Nessa told Misty, one of the leaders in her youth group, about having phone sex with Stephen. Misty was really upset and told Nessa to confess it to Jesus, but they never talked about it again after that. On a mission’s trip, Nessa was fond of her counselor Lauren, and told her about her sexual thoughts. Lauren sat and prayed with her, saying Jesus forgives her for everything. When Nessa told one of the pastors at her church about masturbating while thinking of Jesus, he said there is no condemnation under the blood of Christ, then kissed her on the mouth.
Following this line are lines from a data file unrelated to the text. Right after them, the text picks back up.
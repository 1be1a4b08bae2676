-- ===== src/App/Documented.antt =====
-- The routes of cmd/app/routes.go with the handlers of internal/api, against the API document.
use exchange_rate_quote_serv.Prelude.{
  ℕ, Text, codes, text_eq, Bool, true, false, ◌&&◌, any, all, List, [], ◌∷◌, ◌++◌, All, All-append,
  Option, none, some, ◌≡◌, ◌⊎◌, inl, inr, refl, if◌then◌else◌,
}
use exchange_rate_quote_serv.Errors.{Result}
use exchange_rate_quote_serv.World.{World}
use exchange_rate_quote_serv.Config.{ServerConfig}
use exchange_rate_quote_serv.Api.Response.{Response}
use exchange_rate_quote_serv.Api.Quotes.{
  QuoteServiceInterface, handle_request_update, handle_get_quote_by_id, handle_get_latest_quote,
}
use exchange_rate_quote_serv.Api.Health.{Ping, handle_healthz, handle_readyz}
use exchange_rate_quote_serv.Api.Document.{Verb, Operation}
use exchange_rate_quote_serv.Api.Document.Operations.{
  paths, healthz_operation, latest_operation, update_operation, by_id_operation, readyz_operation,
}
use exchange_rate_quote_serv.Api.Document.Answers.{
  Conforms, request_update-Conforms, by_id-Conforms, latest-Conforms, readyz-Conforms,
  healthz-Conforms,
}
use exchange_rate_quote_serv.App.Routes.{
  Endpoint, Route, quote_routes, swagger_routes, asynqmon_routes, init_http,
}

-- What a handler reads: the decoded body, the URL's parameter, those of the query, and what the
-- three connections answer.
pub record Request : Type 0 where
  pub body : Result Text
  pub update_id : Text
  pub base : Text
  pub quote : Text
  pub db : Ping
  pub cache : Option Ping
  pub asynq_redis : Option Ping

-- What the handler of an endpoint answers; `none` for the pages of packages outside and the
-- redirect to the document.
unfoldable pub answer_of :
    {S : Type 0}
    → QuoteServiceInterface S
    → (ℕ → ℕ)
    → Endpoint
    → Request
    → World S
    → Option Response
answer_of svc upper Endpoint.request_update q w = some (handle_request_update svc q.body w).0
answer_of svc upper Endpoint.quote_by_id q w = some (handle_get_quote_by_id svc q.update_id w).0
answer_of svc upper Endpoint.latest_quote q w =
    some (handle_get_latest_quote svc upper q.base q.quote w).0
answer_of svc upper Endpoint.healthz q w = some handle_healthz
answer_of svc upper Endpoint.readyz q w = some (handle_readyz q.db q.cache q.asynq_redis)
answer_of svc upper _ q w = none

abbrev pub verb_name : Verb → Text
verb_name Verb.get = codes "GET"
verb_name Verb.post = codes "POST"

abbrev pub describes : Route → Operation → Bool
describes r op = text_eq (verb_name op.verb) r.method && text_eq op.path r.pattern

-- The operation of the document with the method and the path of a route.
abbrev pub find_operation : Route → List Operation → Option Operation
find_operation r [] = none
find_operation r (op ∷ ops) =
    let rest = find_operation r ops in if describes r op then some op else rest

module _ {S : Type 0} (svc : QuoteServiceInterface S) (upper : ℕ → ℕ) where
  -- The document has the route, and every answer of its handler is one that the document lists.
  abbrev pub IsDocumented : Route → Type 0
  IsDocumented r =
      (op : Operation) × (find_operation r paths ≡ some op)
      × ((q : Request) (w : World S)
          → (response : Response) × (answer_of svc upper r.endpoint q w ≡ some response)
            × Conforms op response)

  -- The document does not have the route, and its handler is none of internal/api's five.
  abbrev pub IsTool : Route → Type 0
  IsTool r =
      (find_operation r paths ≡ none)
      × ((q : Request) (w : World S) → answer_of svc upper r.endpoint q w ≡ none)

  abbrev pub IsServed : Route → Type 0
  IsServed r = IsDocumented r ⊎ IsTool r

  quote_routes-IsServed : All IsServed quote_routes
  unfolding text_eq answer_of
  quote_routes-IsServed = (
    inl (update_operation, refl, λ q w. (_, refl, request_update-Conforms svc w q.body)),
    (
      inl (by_id_operation, refl, λ q w. (_, refl, by_id-Conforms svc w q.update_id)),
      (
        inl (latest_operation, refl, λ q w. (_, refl, latest-Conforms svc w upper q.base q.quote)),
        (
          inl (healthz_operation, refl, λ q w. (_, refl, healthz-Conforms)),
          (
            inl (
              readyz_operation,
              refl,
              λ q w. (_, refl, readyz-Conforms q.db q.cache q.asynq_redis),
            ),
            tt,
          ),
        ),
      ),
    ),
  )

  swagger_routes-IsServed : (on : Bool) → All IsServed (swagger_routes on)
  unfolding text_eq answer_of
  swagger_routes-IsServed true = (inr (refl, λ q w. refl), (inr (refl, λ q w. refl), tt))
  swagger_routes-IsServed false = tt

  asynqmon_routes-IsServed : (on : Bool) → All IsServed (asynqmon_routes on)
  unfolding text_eq answer_of
  asynqmon_routes-IsServed true = (inr (refl, λ q w. refl), tt)
  asynqmon_routes-IsServed false = tt

  paths_registered :
      (rest : List Route)
      → all (λ op. any (λ r. describes r op) (quote_routes ++ rest)) paths ≡ true
  unfolding text_eq
  paths_registered rest = refl

  -- Whatever the configuration, each route that `initHTTP` registers is of one of two kinds.
  -- Either the API document has an operation with its method and path, and to every request, with
  -- any service, the handler answers with a status that the operation lists, with a media type
  -- that it produces, and with a body of the type of the schema for this status, whose JSON keys
  -- are properties there. Or the document has no such operation, and the handler is none of those
  -- for quotes and health. And each operation of the document is registered.
  pub init_http-IsServed :
      (cfg : ServerConfig) (mon : Bool)
      → All IsServed (init_http cfg mon).routes
        × (all (λ op. any (λ r. describes r op) (init_http cfg mon).routes) paths ≡ true)
  unfolding init_http
  init_http-IsServed cfg mon = (
    All-append IsServed quote_routes _ quote_routes-IsServed (
        All-append IsServed (swagger_routes cfg.serve_swagger) _
          (swagger_routes-IsServed cfg.serve_swagger)
          (asynqmon_routes-IsServed (cfg.serve_asynqmon && mon))),
    paths_registered
        (swagger_routes cfg.serve_swagger ++ asynqmon_routes (cfg.serve_asynqmon && mon)),
  )
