-- ===== src/App/Run.antt =====
-- cmd/app/app.go: `Run`, whose three goroutines of an `errgroup` take turns in any order.
use exchange_rate_quote_serv.Prelude.{
  codes, Bool, true, false, List, [], ◌∷◌, ◌++◌, Option, none, some, if◌then◌else◌,
}
use exchange_rate_quote_serv.Errors.{Error}
use exchange_rate_quote_serv.App.Lifecycle.{
  Event, http_stopped, worker_stopped, App, Outcomes, close, explain, join, note, texts,
}

-- `asynqServer.Start`, the wait for the context, and the return.
pub data WorkerPhase : Type 0 where
  starting waiting returned : WorkerPhase

-- `ListenAndServe`, and the return.
pub data ServerPhase : Type 0 where
  serving returned : ServerPhase

-- The wait for the context and the three parts of `shutdown`, and the return.
pub data StopPhase : Type 0 where
  idle http_down worker_down returned : StopPhase

pub record Run : Type 0 where
  pub cancelled : Bool
  pub first : Option Error
  pub worker : WorkerPhase
  pub server : ServerPhase
  pub stopper : StopPhase
  pub log : List Event

abbrev pub start : Run
start = record {
  cancelled = false;
  first = none;
  worker = WorkerPhase.starting;
  server = ServerPhase.serving;
  stopper = StopPhase.idle;
  log = [];
}

-- What `ListenAndServe` comes to: it goes on, it returns `http.ErrServerClosed`, or it fails.
pub data Served : Type 0 where
  listening closed : Served
  broken : Error → Served

-- A signal, or the next step of one of the goroutines, with what the call in it comes to.
pub data Turn : Type 0 where
  signalled : Turn
  worker_turn : (started : Option Error) → Turn
  server_turn : Served → Turn
  stopper_turn : Turn

-- The first error that a goroutine returns is that of `Wait`, and cancels the context.
abbrev pub fail : Option Error → Run → Run
fail none s = s
fail (some e) s = record s {
  cancelled = true;
  first = elim s.first [ none ↦ some e | some f ↦ some f ];
}

abbrev pub step_worker : WorkerPhase → Option Error → Run → Run
step_worker WorkerPhase.starting none s = record s { worker = WorkerPhase.waiting }
step_worker WorkerPhase.starting (some e) s =
    fail (some (explain (codes "asynq worker failed to start") e))
      (record s { worker = WorkerPhase.returned })
step_worker WorkerPhase.waiting o s =
    if s.cancelled then record s { worker = WorkerPhase.returned } else s
step_worker WorkerPhase.returned o s = s

-- `ErrServerClosed` comes only behind a call of `Shutdown`.
abbrev pub step_closed : StopPhase → Run → Run
step_closed StopPhase.idle s = s
step_closed _ s = record s { server = ServerPhase.returned }

abbrev pub step_server : ServerPhase → Served → Run → Run
step_server ServerPhase.serving listening s = s
step_server ServerPhase.serving closed s = step_closed s.stopper s
step_server ServerPhase.serving (broken e) s =
    fail (some (explain (codes "HTTP server error") e)) (record s { server = ServerPhase.returned })
step_server ServerPhase.returned served s = s

module _ (o : Outcomes) (app : App) where
  -- The goroutine of `shutdown`, part by part.
  unfoldable pub step_stopper : StopPhase → Run → Run
  step_stopper StopPhase.idle s =
      if s.cancelled
      then record s { stopper = StopPhase.http_down; log = s.log ++ http_stopped ∷ [] }
      else s
  step_stopper StopPhase.http_down s = record s {
    stopper = StopPhase.worker_down;
    log = s.log ++ worker_stopped ∷ [];
  }
  step_stopper StopPhase.worker_down s =
      let (e, events) = close o app in
      fail (join (note (codes "http shutdown") o.http_shutdown (texts e)))
        (record s { stopper = StopPhase.returned; log = s.log ++ events })
  step_stopper StopPhase.returned s = s

  unfoldable pub run_turn : Turn → Run → Run
  run_turn signalled s = record s { cancelled = true }
  run_turn (worker_turn started) s = step_worker s.worker started s
  run_turn (server_turn served) s = step_server s.server served s
  run_turn stopper_turn s = step_stopper s.stopper s

  unfoldable pub run_turns : List Turn → Run → Run
  run_turns [] s = s
  run_turns (t ∷ ts) s = run_turns ts (run_turn t s)

-- `Wait` returns when the three goroutines have.
abbrev pub has_returned : WorkerPhase → ServerPhase → StopPhase → Bool
has_returned WorkerPhase.returned ServerPhase.returned StopPhase.returned = true
has_returned _ _ _ = false

unfoldable pub is_over : Run → Bool
is_over s = has_returned s.worker s.server s.stopper
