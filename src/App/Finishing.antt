-- ===== src/App/Finishing.antt =====
-- How soon `Run` is over once its context is cancelled.
use exchange_rate_quote_serv.Prelude.{ℕ, suc, true, List, [], ◌∷◌, ◌≡◌, ◌+◌, ◌-◌, ◌≤◌, refl, arith}
use exchange_rate_quote_serv.App.Lifecycle.{App, Outcomes}
use exchange_rate_quote_serv.App.Run.{
  WorkerPhase, ServerPhase, StopPhase, Run, Turn, signalled, worker_turn, server_turn, stopper_turn,
  listening, closed, broken, step_stopper, run_turn, run_turns, is_over,
}

-- The turns that a goroutine still needs.
abbrev pub stopper_left : StopPhase → ℕ
stopper_left StopPhase.idle = 3
stopper_left StopPhase.http_down = 2
stopper_left StopPhase.worker_down = 1
stopper_left StopPhase.returned = 0

abbrev pub worker_left : WorkerPhase → ℕ
worker_left WorkerPhase.starting = 2
worker_left WorkerPhase.waiting = 1
worker_left WorkerPhase.returned = 0

abbrev pub server_left : ServerPhase → ℕ
server_left ServerPhase.serving = 1
server_left ServerPhase.returned = 0

-- The turns that a list gives to each goroutine; the server's are those behind `Shutdown`.
unfoldable pub stopper_turns : List Turn → ℕ
stopper_turns [] = 0
stopper_turns (stopper_turn ∷ ts) = suc (stopper_turns ts)
stopper_turns (signalled ∷ ts) = stopper_turns ts
stopper_turns (worker_turn r ∷ ts) = stopper_turns ts
stopper_turns (server_turn r ∷ ts) = stopper_turns ts

unfoldable pub worker_turns : List Turn → ℕ
worker_turns [] = 0
worker_turns (worker_turn r ∷ ts) = suc (worker_turns ts)
worker_turns (signalled ∷ ts) = worker_turns ts
worker_turns (stopper_turn ∷ ts) = worker_turns ts
worker_turns (server_turn r ∷ ts) = worker_turns ts

unfoldable pub closings : List Turn → ℕ
closings [] = 0
closings (server_turn closed ∷ ts) = suc (closings ts)
closings (server_turn listening ∷ ts) = closings ts
closings (server_turn (broken e) ∷ ts) = closings ts
closings (signalled ∷ ts) = closings ts
closings (stopper_turn ∷ ts) = closings ts
closings (worker_turn r ∷ ts) = closings ts

no_stopper : stopper_turns [] ≡ 0
unfolding stopper_turns
no_stopper = refl

no_worker : worker_turns [] ≡ 0
unfolding worker_turns
no_worker = refl

no_closing : closings [] ≡ 0
unfolding closings
no_closing = refl

at_most_three : (p : StopPhase) → stopper_left p ≤ 3
at_most_three p = ground arith

at_most_two : (p : WorkerPhase) → worker_left p ≤ 2
at_most_two p = ground arith

at_most_one : (p : ServerPhase) → server_left p ≤ 1
at_most_one p = ground arith

module _ (o : Outcomes) (app : App) where
  stays_cancelled :
      (t : Turn) (s : Run) → s.cancelled ≡ true → (run_turn o app t s).cancelled ≡ true
  unfolding run_turn step_stopper
  stays_cancelled t s on = ground arith

  stopper_step :
      (t : Turn) (s : Run)
      → s.cancelled ≡ true
      → stopper_left (run_turn o app t s).stopper ≤ stopper_left s.stopper - stopper_turns (t ∷ [])
  unfolding run_turn step_stopper stopper_turns
  stopper_step t s on = ground arith

  worker_step :
      (t : Turn) (s : Run)
      → s.cancelled ≡ true
      → worker_left (run_turn o app t s).worker ≤ worker_left s.worker - worker_turns (t ∷ [])
  unfolding run_turn step_stopper worker_turns
  worker_step t s on = ground arith

  server_step :
      (t : Turn) (s : Run)
      → stopper_left s.stopper ≤ 2
      → server_left (run_turn o app t s).server ≤ server_left s.server - closings (t ∷ [])
  unfolding run_turn step_stopper closings
  server_step t s down = ground arith

  stopper_stays :
      (t : Turn) (s : Run) → stopper_left (run_turn o app t s).stopper ≤ stopper_left s.stopper
  unfolding run_turn step_stopper
  stopper_stays t s = ground arith

  cancelled_turns :
      (ts : List Turn) (s : Run) → s.cancelled ≡ true → (run_turns o app ts s).cancelled ≡ true
  unfolding run_turns
  cancelled_turns [] s on = on
  cancelled_turns (t ∷ ts) s on = cancelled_turns ts (run_turn o app t s) (stays_cancelled t s on)

  stopper_split :
      (t : Turn) (ts : List Turn)
      → stopper_turns (t ∷ ts) ≡ stopper_turns (t ∷ []) + stopper_turns ts
  unfolding stopper_turns
  stopper_split t ts = ground arith

  worker_split :
      (t : Turn) (ts : List Turn) → worker_turns (t ∷ ts) ≡ worker_turns (t ∷ []) + worker_turns ts
  unfolding worker_turns
  worker_split t ts = ground arith

  closings_split : (t : Turn) (ts : List Turn) → closings (t ∷ ts) ≡ closings (t ∷ []) + closings ts
  unfolding closings
  closings_split t ts = ground arith

  stopper_drains :
      (ts : List Turn) (s : Run)
      → s.cancelled ≡ true
      → stopper_left (run_turns o app ts s).stopper ≤ stopper_left s.stopper - stopper_turns ts
  unfolding run_turns
  stopper_drains [] s on = let e : stopper_turns [] ≡ 0 = no_stopper in ground arith
  stopper_drains (t ∷ ts) s on =
      let first = stopper_step t s on in
      let rest = stopper_drains ts (run_turn o app t s) (stays_cancelled t s on) in
      let both = stopper_split t ts in ground arith

  worker_drains :
      (ts : List Turn) (s : Run)
      → s.cancelled ≡ true
      → worker_left (run_turns o app ts s).worker ≤ worker_left s.worker - worker_turns ts
  unfolding run_turns
  worker_drains [] s on = let e : worker_turns [] ≡ 0 = no_worker in ground arith
  worker_drains (t ∷ ts) s on =
      let first = worker_step t s on in
      let rest = worker_drains ts (run_turn o app t s) (stays_cancelled t s on) in
      let both = worker_split t ts in ground arith

  server_drains :
      (ts : List Turn) (s : Run)
      → stopper_left s.stopper ≤ 2
      → server_left (run_turns o app ts s).server ≤ server_left s.server - closings ts
  unfolding run_turns
  server_drains [] s down = let e : closings [] ≡ 0 = no_closing in ground arith
  server_drains (t ∷ ts) s down =
      let first = server_step t s down in
      let kept = stopper_stays t s in
      let rest = server_drains ts (run_turn o app t s) (ground arith) in
      let both = closings_split t ts in ground arith

  all_returned :
      (s : Run)
      → worker_left s.worker ≡ 0
      → server_left s.server ≡ 0
      → stopper_left s.stopper ≡ 0
      → is_over s ≡ true
  unfolding is_over
  all_returned s w v p = ground arith

  -- Once the context of `Run` is cancelled, `Run` returns, in any interleaving in which the
  -- goroutine of `shutdown` has had three turns, that of the worker two, and that of the server
  -- one behind these three in which `ListenAndServe` reports `http.ErrServerClosed`.
  pub cancelled-is_over :
      (xs ys : List Turn) (s : Run)
      → s.cancelled ≡ true
      → 3 ≤ stopper_turns xs
      → 2 ≤ worker_turns xs + worker_turns ys
      → 1 ≤ closings ys
      → is_over (run_turns o app ys (run_turns o app xs s)) ≡ true
  cancelled-is_over xs ys s on stops wakes closes =
      let s1 = run_turns o app xs s in
      let on1 = cancelled_turns xs s on in
      let most : stopper_left s.stopper ≤ 3 = at_most_three s.stopper in
      let w2 : worker_left s.worker ≤ 2 = at_most_two s.worker in
      let v1 : server_left s.server ≤ 1 = at_most_one s.server in
      let d1 = stopper_drains xs s on in
      let d2 = stopper_drains ys s1 on1 in
      let w3 = worker_drains xs s on in
      let w4 = worker_drains ys s1 on1 in
      let v2 = at_most_one s1.server in
      let v3 = server_drains ys s1 (ground arith) in
      all_returned (run_turns o app ys s1) (ground arith) (ground arith) (ground arith)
She didn’t tell Stephen about that.

One night, Nessa dreamt about heaven. She sat at a farm table covered with bread, cheese, and fruit as Jesus served her wine. Out the window she could see a beautiful vineyard and sprawling green hills. She no longer felt the sinfulness of her sexuality, and she was finally with her beloved. How many nights had she asked Jesus for this? When He sat down next to her, she took His hand and turned to Him, her knee touching His.

“I know this is a dream, but can I stay?” she begged.

“No, Nessa. Your time isn’t finished.”

When she woke up, she went to the bathroom and sat down to pee, resting her chin in her hands. Nessa saw her razor sitting on the bathtub ledge and realized she would have to take heaven by force.